— Task brief —
From the line with "(id_key t) url m))" through the final line of the entries below, write out each line exactly and nothing else.

BEGIN

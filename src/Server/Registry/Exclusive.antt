-- ===== src/Server/Registry/Exclusive.antt =====
-- Registration of URLs in the tunnel registry: a URL that is taken is never given away.
use mathlib.Core.Path.{ap₂}
use ngrok.Prelude.{
  ℕ, ◌^◌, ◌<◌, true, false, ◌≡◌, refl, ◌∙◌, ◌⊎◌, none, some, length, Option-cases, inl, inr,
}
use ngrok.Prelude.Maps.{get, put}
use ngrok.Prelude.Text.{Text, text_dec}
use ngrok.Cache.Lru.{LruCache, set_value}
use ngrok.Cache.Lru.View.{view, keep}
use ngrok.Cache.Lru.Front.{touch}
use ngrok.Cache.Lru.Refine.{set_value_lem}
use ngrok.Server.Registry.{
  TunnelRegistry, Owner, url_size, register, ip_key, id_key, register_and_cache, get_tunnel,
}
use ngrok.Server.Registry.Cached.{IsSound}

pub register_free :
    (url : Text) (t : ℕ) (r : TunnelRegistry)
    → get text_dec url r.tunnels ≡ none
    → register url t r ≡ (record r { tunnels = put text_dec url t r.tunnels }, true)
unfolding register
register_free url t r free = rw (free, register)

pub register_taken :
    (url : Text) (t u : ℕ) (r : TunnelRegistry)
    → get text_dec url r.tunnels ≡ some u
    → register url t r ≡ (r, false)
unfolding register
register_taken url t u r taken = rw (taken, register)

cache_free :
    (now : ℕ) (url : Text) (t : Owner) (r : TunnelRegistry) (c c' : LruCache Text Text)
    → get text_dec url r.tunnels ≡ none
    → set_value text_dec url_size now (ip_key t) url r.affinity ≡ some c
    → set_value text_dec url_size now (id_key t) url c ≡ some c'
    → register_and_cache now url t r
      ≡ some (record r { tunnels = put text_dec url t.tunnel r.tunnels; affinity = c' }, true)
unfolding register_and_cache
cache_free now url t r c c' free e e' = rw (register_free url t.tunnel r free, e, e')

cache_taken :
    (now u : ℕ) (url : Text) (t : Owner) (r : TunnelRegistry)
    → get text_dec url r.tunnels ≡ some u
    → register_and_cache now url t r ≡ some (r, false)
unfolding register_and_cache
cache_taken now u url t r taken = rw (register_taken url t.tunnel u r taken)

-- What an attempt to register a URL for a tunnel does to the registry.
pub record Registered (url : Text) (t : Owner) (r r' : TunnelRegistry) : Type 0 where
  pub was_free : get_tunnel url r ≡ none
  pub added : r'.tunnels ≡ put text_dec url t.tunnel r.tunnels
  pub sound : IsSound r'
  pub capacity : r'.affinity.capacity ≡ r.affinity.capacity
  pub cached :
      view r'.affinity
      ≡ keep url_size r.affinity.capacity (
          touch text_dec url_size (id_key t) url (
            keep url_size r.affinity.capacity
              (touch text_dec url_size (ip_key t) url (view r.affinity))))

-- `RegisterAndCache` of a URL of less than 2^63 bytes never faults. It fails exactly if the URL is
-- taken, and then changes nothing; otherwise the tunnel is stored at the URL and the URL is cached
-- for the address and the id of the client.
pub register_and_cache_lem :
    (now : ℕ) (url : Text) (t : Owner) (r : TunnelRegistry)
    → IsSound r
    → length url < 2 ^ 63
    → ((u : ℕ) × (get_tunnel url r ≡ some u) × (register_and_cache now url t r ≡ some (r, false)))
      ⊎ ((r' : TunnelRegistry) × (register_and_cache now url t r ≡ some (r', true))
          × Registered url t r r')
unfolding get_tunnel
register_and_cache_lem now url t r v small = elim (Option-cases (get text_dec url r.tunnels)) [
  | inl free ↦
      let (c, run, shows) = set_value_lem text_dec url_size now (ip_key t) r.affinity v url small in
      let (c', run', shows') =
        set_value_lem text_dec url_size now (id_key t) c shows.valid url small in
      inr (
        record r { tunnels = put text_dec url t.tunnel r.tunnels; affinity = c' },
        cache_free now url t r c c' free run run',
        record {
          was_free = free;
          added = refl;
          sound = shows'.valid;
          capacity = shows'.same_capacity ∙ shows.same_capacity;
          cached =
              shows'.entries
              ∙ ap₂ (λ n m. keep url_size n (touch text_dec url_size (id_key t) url m))
                  shows.same_capacity shows.entries;
        },
      )
  | inr (u, taken) ↦ inl (u, taken, cache_taken now u url t r taken)
]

END

— Expected answer —
              ∙ ap₂ (λ n m. keep url_size n (touch text_dec url_size (id_key t) url m))
                  shows.same_capacity shows.entries;
        },
      )
  | inr (u, taken) ↦ inl (u, taken, cache_taken now u url t r taken)
]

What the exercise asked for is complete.